_SUPPLIED INFORMATION_
********************

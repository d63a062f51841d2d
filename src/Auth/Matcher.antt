-- ===== src/Auth/Matcher.antt =====
-- The paths that web-app/proxy.ts is run for: `config.matcher`, a regular expression over the whole
-- path in which the framework looks, and the requests that pass.
use stock_anomoly_detection.Prelude.{
  ◌≡◌, refl, ◌↔◌, ◌⊎◌, inl, inr, Bool, true, false, not, ◌&&◌, ◌||◌, [], ◌∷◌, ◌++◌, ap, sym, ◌∙◌,
  Option, none, some, if◌then◌else◌, Bool-cases, arith, ℕ, zero, suc, ◌==◌,
}
use stock_anomoly_detection.Text.{Text, codes, starts_with}
use stock_anomoly_detection.Auth.{Verdict, next, redirect, truthy, proxy}

abbrev pub drop : ℕ → Text → Text
drop zero s = s
drop (suc n) [] = []
drop (suc n) (c ∷ s) = drop n s

abbrev pub behind : Text → Text
behind [] = []
behind (c ∷ s) = s

-- `favicon.ico` in a regular expression: the dot stands for any one character
unfoldable pub is_favicon : Text → Bool
is_favicon rest =
    starts_with rest (codes "favicon") && starts_with (behind (drop 7 rest)) (codes "ico")

-- `(?!api|_next/static|_next/image|favicon.ico)`, looked ahead behind the slash
unfoldable pub is_excluded : Text → Bool
unfolding is_favicon
is_excluded rest =
    starts_with rest (codes "api")
    || starts_with rest (codes "_next/static")
    || starts_with rest (codes "_next/image")
    || is_favicon rest

-- `/((?!...).*)`
unfoldable pub matches : Text → Bool
unfolding is_excluded
matches [] = false
matches (c ∷ rest) = c == b'/' && not (is_excluded rest)

-- a request of a path, with the decoded cookie
unfoldable pub handle : Text → Option Text → Verdict
handle path token = if matches path then proxy path token else next

abbrev pub is_public : Text → Bool
is_public path = starts_with path (codes "/auth/login") || starts_with path (codes "/auth/signup")

proxy_next :
    (path : Text) (token : Option Text)
    → (proxy path token ≡ redirect (codes "/auth/login"))
      ↔ ((is_public path ≡ false) × (truthy token ≡ none))
unfolding proxy
proxy_next path none = ground arith
proxy_next path (some []) = ground arith
proxy_next path (some (c ∷ t)) = ground arith

decides :
    (path : Text) (token : Option Text)
    → (handle path token ≡ redirect (codes "/auth/login"))
      ↔ ((matches path ≡ true) × (is_public path ≡ false) × (truthy token ≡ none))
unfolding handle
decides path token = elim (Bool-cases (matches path)) [
  | inl inside ↦ rw inside (
    (λ h. let r = (proxy_next path token).0 h in (refl, r.0, r.1)),
    λ h. (proxy_next path token).1 (h.1, h.2),
  )
  | inr outside ↦ rw outside (λ h. absurd (ground arith), λ h. absurd (ground arith))
]

outcomes :
    (path : Text) (token : Option Text)
    → (handle path token ≡ next) ⊎ (handle path token ≡ redirect (codes "/auth/login"))
unfolding handle proxy
outcomes path none = ground arith
outcomes path (some []) = ground arith
outcomes path (some (c ∷ t)) = ground arith

-- a text that begins with another
abbrev pub Begins : Text → Text → Type 0
Begins start path = (rest : Text) × (path ≡ start ++ rest)

-- The paths of the interface and the assets, each with whatever follows; the dot of the icon's name is
-- any character.
abbrev pub IsAside : Text → Type 0
IsAside path =
    ((Begins (codes "/api") path ⊎ Begins (codes "/_next/static") path)
      ⊎ Begins (codes "/_next/image") path)
    ⊎ ((c : ℕ) × Begins (codes "/favicon" ++ c ∷ codes "ico") path)

-- the login and signup pages
abbrev pub IsEntrance : Text → Type 0
IsEntrance path = Begins (codes "/auth/login") path ⊎ Begins (codes "/auth/signup") path

starts_iff : (start path : Text) → (starts_with path start ≡ true) ↔ Begins start path
unfolding starts_with
starts_iff [] path = (λ e. (path, refl), λ b. refl)
starts_iff (a ∷ start) [] = (λ e. absurd (ground arith), λ b. absurd (let e = b.1 in ground arith))
starts_iff (a ∷ start) (c ∷ path) = (
  λ e.
      let (rest, same) = (starts_iff start path).0 (ground arith) in
      let h : c ≡ a = ground arith in (rest, rw (h, same) refl),
  λ b.
      let e = b.1 in
      let h : c ≡ a = ground arith in
      let t : path ≡ start ++ b.0 = ground arith in
      let r = (starts_iff start path).1 (b.0, t) in rw h (ground (arith, r)),
)

slash_iff : (start rest : Text) → Begins start rest ↔ Begins (b'/' ∷ start) (b'/' ∷ rest)
slash_iff start rest = (λ b. (b.0, ap (◌∷◌ b'/') b.1), λ b. (b.0, let e = b.1 in ground arith))

icon_end :
    (r : Text)
    → starts_with (behind r) (codes "ico") ≡ true
    → (c : ℕ) × (q : Text) × (r ≡ c ∷ (codes "ico" ++ q))
unfolding starts_with
icon_end [] e = absurd (ground arith)
icon_end (c ∷ r) e = let (q, same) = (starts_iff (codes "ico") r).0 e in (c, q, ap (◌∷◌ c) same)

favicon_iff :
    (rest : Text)
    → (is_favicon rest ≡ true)
      ↔ ((c : ℕ) × Begins (codes "/favicon" ++ c ∷ codes "ico") (b'/' ∷ rest))
unfolding is_favicon starts_with
favicon_iff rest = (from, to)
  where
    from :
        starts_with rest (codes "favicon") && starts_with (behind (drop 7 rest)) (codes "ico")
          ≡ true
        → (c : ℕ) × Begins (codes "/favicon" ++ c ∷ codes "ico") (b'/' ∷ rest)
    from e =
        let first : starts_with rest (codes "favicon") ≡ true = ground arith in
        let second : starts_with (behind (drop 7 rest)) (codes "ico") ≡ true = ground arith in
        let (r, same) = (starts_iff (codes "favicon") rest).0 first in
        let (c, q, end) =
          icon_end r
            (sym (ap (λ t. starts_with (behind (drop 7 t)) (codes "ico")) same) ∙ second) in
        (c, (q, ap (◌∷◌ b'/') (same ∙ ap (λ t. codes "favicon" ++ t) end)))

    to :
        (c : ℕ) × Begins (codes "/favicon" ++ c ∷ codes "ico") (b'/' ∷ rest)
        → starts_with rest (codes "favicon") && starts_with (behind (drop 7 rest)) (codes "ico")
          ≡ true
    to (c, (q, e)) =
        let same = (slash_iff (codes "favicon" ++ c ∷ codes "ico") rest).1 (q, e) in
        ap (λ t. starts_with t (codes "favicon") && starts_with (behind (drop 7 t)) (codes "ico"))
          same.1

either : (a b : Bool) {A B : Type 0} → (a ≡ true) ↔ A → (b ≡ true) ↔ B → ((a || b) ≡ true) ↔ (A ⊎ B)
either true b f g = (λ _. inl (f.0 refl), λ _. refl)
either false b {A} {B} f g = (λ e. inr (g.0 e), back)
  where
    back : A ⊎ B → b ≡ true
    back (inl x) = absurd (let e = f.1 x in ground arith)
    back (inr x) = g.1 x

slashed :
    (start rest : Text) → (starts_with rest start ≡ true) ↔ Begins (b'/' ∷ start) (b'/' ∷ rest)
slashed start rest =
    let b = starts_iff start rest in
    let t = slash_iff start rest in (λ e. t.0 (b.0 e), λ e. b.1 (t.1 e))

excluded_iff : (rest : Text) → (is_excluded rest ≡ true) ↔ IsAside (b'/' ∷ rest)
unfolding is_excluded
excluded_iff rest =
    let api = starts_with rest (codes "api") in
    let static = starts_with rest (codes "_next/static") in
    let image = starts_with rest (codes "_next/image") in
    either (api || static || image) (is_favicon rest)
      (either (api || static) image
        (either api static (slashed (codes "api") rest) (slashed (codes "_next/static") rest))
        (slashed (codes "_next/image") rest))
      (favicon_iff rest)

public_iff : (path : Text) → (is_public path ≡ true) ↔ IsEntrance path
public_iff path =
    either (starts_with path (codes "/auth/login")) (starts_with path (codes "/auth/signup"))
      (starts_iff (codes "/auth/login") path) (starts_iff (codes "/auth/signup") path)

negated : (b : Bool) {A : Type 0} → (b ≡ true) ↔ A → (b ≡ false) ↔ (¬ A)
negated true f = (λ e. absurd (ground arith), λ n. absurd (n (f.0 refl)))
negated false f = (λ _. λ a. absurd (let e = f.1 a in ground arith), λ _. refl)

matches_iff : (path : Text) → (matches path ≡ true) ↔ (Begins (codes "/") path × (¬ IsAside path))
unfolding matches
matches_iff [] = (λ e. absurd (ground arith), λ h. absurd (let e = h.0.1 in ground arith))
matches_iff (c ∷ rest) =
    let aside = negated (is_excluded rest) (excluded_iff rest) in
    (
      λ e.
          let same : c ≡ b'/' = ground arith in
          let out : is_excluded rest ≡ false = ground arith in rw same ((rest, refl), aside.0 out),
      λ h.
          let e = h.0.1 in
          let same : c ≡ b'/' = ground arith in
          let out = aside.1 (rw same at h.1) in ground (arith, same, out),
    )

-- A request is sent to the login page exactly when its path begins with a slash, none of `/api`,
-- `/_next/static`, `/_next/image` and the icon's name begins it, nor `/auth/login` nor
-- `/auth/signup`, and the cookie holds no token; all others go on. So without a token the dashboard
-- and the profile page are sent there, and the page one is sent to is not.
pub handle_lem :
    (path : Text) (token : Option Text)
    → ((handle path token ≡ redirect (codes "/auth/login")) ↔ (
        Begins (codes "/") path × (¬ IsAside path) × (¬ IsEntrance path) × (truthy token ≡ none)))
      × ((handle path token ≡ next) ⊎ (handle path token ≡ redirect (codes "/auth/login")))
      × (handle (codes "/") none ≡ redirect (codes "/auth/login"))
      × (handle (codes "/settings/profile") none ≡ redirect (codes "/auth/login"))
      × (handle (codes "/auth/login") token ≡ next)
unfolding handle matches starts_with proxy
handle_lem path token =
    let d = decides path token in
    let m = matches_iff path in
    let n = negated (is_public path) (public_iff path) in
    (
      (
        λ e. let r = d.0 e in let b = m.0 r.0 in (b.0, b.1, n.0 r.1, r.2),
        λ h. d.1 (m.1 (h.0, h.1), n.1 h.2, h.3),
      ),
      outcomes path token,
      refl,
      refl,
      refl,
    )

********************

_WHAT THIS TASK INVOLVES_
Give again the lines from the line holding "λ h. d.1 (m.1" through the close of the listing, both included, exactly as written and with nothing else.

_EXERCISE SOLUTION_
        λ h. d.1 (m.1 (h.0, h.1), n.1 h.2, h.3),
      ),
      outcomes path token,
      refl,
      refl,
      refl,
    )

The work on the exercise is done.